À propos du « Loup mal aimé », la publicité d'Intermarché

27 Décembre 2025 Publié dans #critique de l'information

À propos du « Loup mal aimé », la publicité d'Intermarché

 

 

 

 

Y a-t-il un message subliminal, ou secondaire, dans cette séquence qui a fait le tour du monde ? Un risque d'instrumentalisation ? Pire ?

 

 

Musardons pour commencer...

 

 

Musardons en guise d'introduction : le dessin de presse de Charlie Hebdo accompagnant l'article « Rokhaya Diallo – La petite fiancée de l'Amérique » la présente, pastichée en Joséphine Baker avec sa célèbre ceinture de bananes, devant quelques spectateurs ravis et hilares et, en fond, « The Rokhaya Diallo Show – Ridiculise la laïcité à travers le monde ».

 

J'avoue : je n'ai pas compris – ni le dessin en tant que tel, ni le dessin dans son contexte, même après la tentative d'explication.

 

À l'heure où j'écris, ma timeline sur X est inondée de posts accusant Charlie Hebdo de racisme – en particulier de la meute (allusion volontaire à un ouvrage de Charlotte Belaïch et Olivier Pérou), et même d'un postulant pas encore officiellement déclaré aux plus hautes fonctions de la République.

 

C'est la grande compétition avec les fraichement diplômés vétérinaires et infectiologues, et autres experts en santé animale, qui nous prodiguent, qui des avis tranchés sur la vaccination, qui des conseils sur la stratégie à suivre pour éradiquer la dermatose nodulaire contagieuse des bovins (DNC).

 

 

(Source)

 

 

Et avec le shitstorm contre le médecin urgentiste Mathias Wargon « coupable » d'avoir plaidé avec vigueur pour la vaccination contre la grippe.

 

 

Le post de l'Œil Médias n'est pas un monument de pertinence. (Source et source)

 

 

Et j'avoue : je comprends encore moins... Où est le blasphème dans une comparaison avec la grande, très grande, panthéonisée Joséphine Baker ?

 

Mais cela nous offre une leçon : attention aux dérives en tous genres...

 

Cela vaut pour les caricatures comme pour les contes de Noël.

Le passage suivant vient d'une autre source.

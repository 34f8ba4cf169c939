-- ===== src/Bridge/Replay.antt =====
-- Replay protection of the credit bridge: the nonces that the storage marks are those of the
-- withdrawals so far, and none of them passes again.
use sysbreak_trust.Base.{
  ℕ, ◌≤◌, ◌≡◌, arith, ok, true, false, Bool, List, [], ◌∷◌, Text, unwrap_or, find, find-save,
  text_key, same_text, if◌then◌else◌, sym, ◌∙◌,
}
use sysbreak_trust.Host.{Env, MessageInfo, Deps, Response}
use sysbreak_trust.Bridge.State.{Config, Storage, ExecuteMsg}
use sysbreak_trust.Bridge.Withdraw.{authorize}
use sysbreak_trust.Bridge.Trace.{Withdrawal, logged, Reach}
use sysbreak_trust.Bridge.Frame.{Withdrawn}
use sysbreak_trust.Bridge.Induction.{Blank, Reach-induction}

-- Whether a withdrawal of the history had this nonce.
abbrev pub was_used : Text → List Withdrawal → Bool
was_used n [] = false
was_used n (w ∷ h) = if same_text w.nonce n then true else was_used n h

-- No two withdrawals have the same nonce.
abbrev pub HasDistinctNonces : List Withdrawal → Type 0
HasDistinctNonces [] = Unit
HasDistinctNonces (w ∷ h) = (was_used w.nonce h ≡ false) × HasDistinctNonces h

-- What the storage marks as used, and that the history repeats no nonce.
pub record IsMarked (s : Storage) (h : List Withdrawal) (now : ℕ) : Type 0 where
  pub marks : (n : Text) → unwrap_or false (find n s.used_nonces) ≡ was_used n h
  pub distinct : HasDistinctNonces h

-- The replay check is among those that a withdrawal passes.
authorize-unused :
    (d : Deps) (env : Env) (info : MessageInfo) (config : Config) (nonce : Text)
    (credits tokens : ℕ) (signature : Text) (s : Storage) (fee : ℕ)
    → authorize d env info config nonce credits tokens signature s ≡ ok fee
    → unwrap_or false (find nonce s.used_nonces) ≡ false
unfolding authorize
authorize-unused d env info config nonce credits tokens signature s fee h = ground arith

Blank-IsMarked : (s : Storage) (now : ℕ) → Blank s → IsMarked s [] now
unfolding find
Blank-IsMarked s now b = record { marks = λ n. rw (b.used_nonces); distinct = tt }

Recorded-IsMarked :
    (d : Deps) (env : Env) (info : MessageInfo) (nonce : Text) (credits tokens : ℕ)
    (signature : Text) (s s' : Storage) (r : Response) (h : List Withdrawal) (now : ℕ)
    → Withdrawn d env info nonce credits tokens signature s s' r
    → now ≤ env.time
    → IsMarked s h now
    → IsMarked s' (logged env info (ExecuteMsg.withdraw nonce credits tokens signature) h) env.time
Recorded-IsMarked d env info nonce credits tokens signature s s' r h now w later m =
    let unused =
      authorize-unused d env info w.config nonce credits tokens signature s w.fee w.authorized in
    record {
      marks = λ n.
          rw (w.recorded.used_nonces)
            (rw (find-save nonce n true s.used_nonces) (ground (arith, m.marks n)));
      distinct = (sym (m.marks nonce) ∙ unused, m.distinct);
    }

-- In every history the storage marks exactly the nonces of the withdrawals, and these differ.
pub Reach-IsMarked :
    {s : Storage} {h : List Withdrawal} {now : ℕ} → Reach s h now → IsMarked s h now
Reach-IsMarked =
    Reach-induction IsMarked Blank-IsMarked
      (λ s s' h now now' b later m. record {
        marks = λ n. rw (b.used_nonces) (m.marks n);
        distinct = m.distinct;
      })
      Recorded-IsMarked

Venons-en donc à la dernière publicité – qui a fait un buzz planétaire d'Intermarché.

 

Cette séquence offre le choix de plusieurs lectures, pour leur part crédibles.

 

 

L'avis de M. Philippe Bombardier

Voici, glané sur ma page d'accueil LinkedIn, celle, largement commentée, de M. Philippe Bombardier, directeur général des services au Conseil Départemental de la Creuse :

 

« La dernière publicité d’Intermarché est présentée comme touchante, moderne, inclusive. En réalité, elle est profondément subversive et glaçante.

 

Elle ne célèbre ni la liberté, ni la singularité, ni le courage d’être soi. Elle raconte exactement l’inverse : pour être accepté, il faut renoncer. Renoncer à ce que l’on est, à ce qui dérange, à ce qui dépasse. Se lisser. Se fondre. Se conformer.

 

Le message est clair : l’amour, la reconnaissance sociale, la tranquillité ne sont accessibles qu’à condition de rentrer dans le cadre. La différence n’est tolérée qu’une fois neutralisée, rendue inoffensive, validée par le regard collectif et la morale dominante.

 

Sous couvert de bienveillance, cette publicité diffuse une injonction douce mais redoutablement efficace : ne fais pas de vagues. Ajuste-toi. Corrige-toi. Et tu seras accepté.

 

Ce n’est pas de l’inclusion. C’est de l’assimilation morale.

Ce n’est pas de l’émancipation. C’est un apprentissage du renoncement.

 

Le vrai message de Noël aurait été de dire : sois toi-même, même si cela dérange, même si cela coûte, même si tout le monde n’applaudit pas.

 

Vive l’anti-conformisme et vive la viande !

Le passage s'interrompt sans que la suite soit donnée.